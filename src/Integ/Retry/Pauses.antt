-- ===== src/Integ/Retry/Pauses.antt =====
-- retry ends: how many trials and pauses it makes at most, by counters that run along.
use exoscale_csi_driver.Base.{
  ℕ, zero, suc, ◌+◌, ◌≤◌, ◌≡◌, ◌≢◌, ◌⊎◌, inl, inr, refl, arith, ℤ, pos, negsuc, pos_part, neg_part,
  wrap64, ◌==◌, if◌then◌else◌, Error, Result, Action, pure, proceed, ok, err, panic,
}
use exoscale_csi_driver.Integ.Retry.{rounds, pause, retry_rounds, retry}

pub record Counted (S : Type 0) : Type 0 where
  pub inner : S
  pub trials : ℕ
  pub pauses : ℕ

module _ {S : Type 0} where
  abbrev pub start : S → Counted S
  start s = record { inner = s; trials = 0; pauses = 0 }

  abbrev pub counted_trial : Action S (Unit {0}) → Action (Counted S) (Unit {0})
  counted_trial trial c =
      ((trial c.inner).0, record c { inner = (trial c.inner).1; trials = c.trials + 1 })

  abbrev pub counted_sleep : (ℤ → S → S) → ℤ → Counted S → Counted S
  counted_sleep sleep d c = record c { inner = sleep d c.inner; pauses = c.pauses + 1 }

  -- Between 1 and n + 1 trials, and one pause less.
  abbrev pub Within : ℕ → Counted S → Counted S → Type 0
  Within n s t =
      (s.trials + 1 ≤ t.trials)
      × (t.trials ≤ s.trials + n + 1)
      × (t.pauses + s.trials + 1 ≡ s.pauses + t.trials)

  -- All n + 1 trials were made, or the result is no error.
  abbrev Full : ℕ → Counted S → Result (Unit {0}) → Counted S → Type 0
  Full n s r t = (t.trials ≡ s.trials + n + 1) ⊎ ((e : Error) → r ≢ err e)

-- How many trials `nRetries` means: itself, but 20 for 0, and one for a negative number.
abbrev pub allowed : ℤ → ℕ
allowed (pos n) = if n == 0 then 20 else n
allowed (negsuc n) = 1

-- An `int` from which one can be subtracted.
abbrev pub IsCount : ℤ → Type 0
IsCount n = (pos_part n ≤ 9223372036854775807) × (neg_part n ≤ 9223372036854775807)

rounds-allowed : (n : ℤ) → IsCount n → rounds n + 1 ≡ allowed n
unfolding rounds wrap64
rounds-allowed (pos n) small = ground arith
rounds-allowed (negsuc n) small = ground arith

module _ {S : Type 0} (sleep : ℤ → S → S) (trial : Action S (Unit {0})) where
  abbrev counted : ℕ → ℤ → Action (Counted S) (Unit {0})
  counted = retry_rounds (counted_sleep sleep) (counted_trial trial)

  abbrev Follows : ℕ → ℤ → Counted S → Type 0
  Follows n interval c =
      Within n c (counted n interval c).1
      × Full n c (counted n interval c).0 (counted n interval c).1
      × ((counted n interval c).0 ≡ (retry_rounds sleep trial n interval c.inner).0)
      × ((counted n interval c).1.inner ≡ (retry_rounds sleep trial n interval c.inner).1)

  retry_rounds-Follows : (n : ℕ) (interval : ℤ) (c : Counted S) → Follows n interval c
  unfolding retry_rounds
  retry_rounds-Follows zero interval c = (omega arith, inl (omega arith), refl, refl)
  retry_rounds-Follows (suc n) interval c =
      go (trial c.inner).0 (trial c.inner).1 (retry_rounds-Follows n interval)
    where
      failed : Counted S → Counted S
      failed d = counted_sleep sleep interval d

      go :
          (r : Result (Unit {0})) (t : S)
          → ((d : Counted S) → Follows n interval d)
          → let next : Counted S = record c { inner = t; trials = c.trials + 1 } in
            let with_counters =
              proceed {B = Unit {0}} pure
                (λ _ d. counted n interval (counted_sleep sleep interval d))
                r
                next in
            let without =
              proceed {B = Unit {0}} pure
                (λ _ s. retry_rounds sleep trial n interval (sleep interval s))
                r
                t in
            Within (suc n) c with_counters.1
            × Full (suc n) c with_counters.0 with_counters.1
            × (with_counters.0 ≡ without.0)
            × (with_counters.1.inner ≡ without.1)
      go (ok u) t rest = (omega arith, inr (λ e h. absurd (cc h)), refl, refl)
      go (err e) t rest =
          let next : Counted S = record c { inner = t; trials = c.trials + 1 } in
          let later = rest (counted_sleep sleep interval next) in
          (
            omega (arith, later.0),
            elim later.1 [ inl all ↦ inl (omega (arith, all)) | inr well ↦ inr well ],
            later.2,
            later.3,
          )
      go (panic p) t rest = (omega arith, inr (λ e h. absurd (cc h)), refl, refl)

  -- retry ends, for every `nRetries` but the least `int`: it makes at least one trial and at most as
  -- many as `nRetries` says, 20 for a 0 and one for a negative number, and one pause less than
  -- trials, whatever the trials do; when it returns an error, it has made all of them. The counters
  -- change neither its result nor the state behind it.
  pub retry_counts :
      (n_retries interval : ℤ) (s : S)
      → IsCount n_retries
      → let c = retry (counted_sleep sleep) (counted_trial trial) n_retries interval (start s) in
        (1 ≤ c.1.trials)
        × (c.1.trials ≤ allowed n_retries)
        × ((c.1.trials ≡ allowed n_retries) ⊎ ((e : Error) → c.0 ≢ err e))
        × (c.1.pauses + 1 ≡ c.1.trials)
        × (c.0 ≡ (retry sleep trial n_retries interval s).0)
        × (c.1.inner ≡ (retry sleep trial n_retries interval s).1)
  unfolding retry
  retry_counts n_retries interval s count =
      let along = retry_rounds-Follows (rounds n_retries) (pause interval) (start s) in
      let means = rounds-allowed n_retries count in
      (
        omega (arith, along.0),
        omega (arith, along.0, means),
        elim along.1 [ inl all ↦ inl (omega (arith, all, means)) | inr well ↦ inr well ],
        omega (arith, along.0),
        along.2,
        along.3,
      )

__________________________________________________

WORK INSTRUCTION: Give the listing above again in full, exactly as written.

TASK SOLUTION:
filename src/Integ/Retry/Pauses.antt
-- ===== src/Integ/Retry/Pauses.antt =====
-- retry ends: how many trials and pauses it makes at most, by counters that run along.
use exoscale_csi_driver.Base.{
  ℕ, zero, suc, ◌+◌, ◌≤◌, ◌≡◌, ◌≢◌, ◌⊎◌, inl, inr, refl, arith, ℤ, pos, negsuc, pos_part, neg_part,
  wrap64, ◌==◌, if◌then◌else◌, Error, Result, Action, pure, proceed, ok, err, panic,
}
use exoscale_csi_driver.Integ.Retry.{rounds, pause, retry_rounds, retry}

pub record Counted (S : Type 0) : Type 0 where
  pub inner : S
  pub trials : ℕ
  pub pauses : ℕ

module _ {S : Type 0} where
  abbrev pub start : S → Counted S
  start s = record { inner = s; trials = 0; pauses = 0 }

  abbrev pub counted_trial : Action S (Unit {0}) → Action (Counted S) (Unit {0})
  counted_trial trial c =
      ((trial c.inner).0, record c { inner = (trial c.inner).1; trials = c.trials + 1 })

  abbrev pub counted_sleep : (ℤ → S → S) → ℤ → Counted S → Counted S
  counted_sleep sleep d c = record c { inner = sleep d c.inner; pauses = c.pauses + 1 }

  -- Between 1 and n + 1 trials, and one pause less.
  abbrev pub Within : ℕ → Counted S → Counted S → Type 0
  Within n s t =
      (s.trials + 1 ≤ t.trials)
      × (t.trials ≤ s.trials + n + 1)
      × (t.pauses + s.trials + 1 ≡ s.pauses + t.trials)

  -- All n + 1 trials were made, or the result is no error.
  abbrev Full : ℕ → Counted S → Result (Unit {0}) → Counted S → Type 0
  Full n s r t = (t.trials ≡ s.trials + n + 1) ⊎ ((e : Error) → r ≢ err e)

-- How many trials `nRetries` means: itself, but 20 for 0, and one for a negative number.
abbrev pub allowed : ℤ → ℕ
allowed (pos n) = if n == 0 then 20 else n
allowed (negsuc n) = 1

-- An `int` from which one can be subtracted.
abbrev pub IsCount : ℤ → Type 0
IsCount n = (pos_part n ≤ 9223372036854775807) × (neg_part n ≤ 9223372036854775807)

rounds-allowed : (n : ℤ) → IsCount n → rounds n + 1 ≡ allowed n
unfolding rounds wrap64
rounds-allowed (pos n) small = ground arith
rounds-allowed (negsuc n) small = ground arith

module _ {S : Type 0} (sleep : ℤ → S → S) (trial : Action S (Unit {0})) where
  abbrev counted : ℕ → ℤ → Action (Counted S) (Unit {0})
  counted = retry_rounds (counted_sleep sleep) (counted_trial trial)

  abbrev Follows : ℕ → ℤ → Counted S → Type 0
  Follows n interval c =
      Within n c (counted n interval c).1
      × Full n c (counted n interval c).0 (counted n interval c).1
      × ((counted n interval c).0 ≡ (retry_rounds sleep trial n interval c.inner).0)
      × ((counted n interval c).1.inner ≡ (retry_rounds sleep trial n interval c.inner).1)

  retry_rounds-Follows : (n : ℕ) (interval : ℤ) (c : Counted S) → Follows n interval c
  unfolding retry_rounds
  retry_rounds-Follows zero interval c = (omega arith, inl (omega arith), refl, refl)
  retry_rounds-Follows (suc n) interval c =
      go (trial c.inner).0 (trial c.inner).1 (retry_rounds-Follows n interval)
    where
      failed : Counted S → Counted S
      failed d = counted_sleep sleep interval d

      go :
          (r : Result (Unit {0})) (t : S)
          → ((d : Counted S) → Follows n interval d)
          → let next : Counted S = record c { inner = t; trials = c.trials + 1 } in
            let with_counters =
              proceed {B = Unit {0}} pure
                (λ _ d. counted n interval (counted_sleep sleep interval d))
                r
                next in
            let without =
              proceed {B = Unit {0}} pure
                (λ _ s. retry_rounds sleep trial n interval (sleep interval s))
                r
                t in
            Within (suc n) c with_counters.1
            × Full (suc n) c with_counters.0 with_counters.1
            × (with_counters.0 ≡ without.0)
            × (with_counters.1.inner ≡ without.1)
      go (ok u) t rest = (omega arith, inr (λ e h. absurd (cc h)), refl, refl)
      go (err e) t rest =
          let next : Counted S = record c { inner = t; trials = c.trials + 1 } in
          let later = rest (counted_sleep sleep interval next) in
          (
            omega (arith, later.0),
            elim later.1 [ inl all ↦ inl (omega (arith, all)) | inr well ↦ inr well ],
            later.2,
            later.3,
          )
      go (panic p) t rest = (omega arith, inr (λ e h. absurd (cc h)), refl, refl)

  -- retry ends, for every `nRetries` but the least `int`: it makes at least one trial and at most as
  -- many as `nRetries` says, 20 for a 0 and one for a negative number, and one pause less than
  -- trials, whatever the trials do; when it returns an error, it has made all of them. The counters
  -- change neither its result nor the state behind it.
  pub retry_counts :
      (n_retries interval : ℤ) (s : S)
      → IsCount n_retries
      → let c = retry (counted_sleep sleep) (counted_trial trial) n_retries interval (start s) in
        (1 ≤ c.1.trials)
        × (c.1.trials ≤ allowed n_retries)
        × ((c.1.trials ≡ allowed n_retries) ⊎ ((e : Error) → c.0 ≢ err e))
        × (c.1.pauses + 1 ≡ c.1.trials)
        × (c.0 ≡ (retry sleep trial n_retries interval s).0)
        × (c.1.inner ≡ (retry sleep trial n_retries interval s).1)
  unfolding retry
  retry_counts n_retries interval s count =
      let along = retry_rounds-Follows (rounds n_retries) (pause interval) (start s) in
      let means = rounds-allowed n_retries count in
      (
        omega (arith, along.0),
        omega (arith, along.0, means),
        elim along.1 [ inl all ↦ inl (omega (arith, all, means)) | inr well ↦ inr well ],
        omega (arith, along.0),
        along.2,
        along.3,
      )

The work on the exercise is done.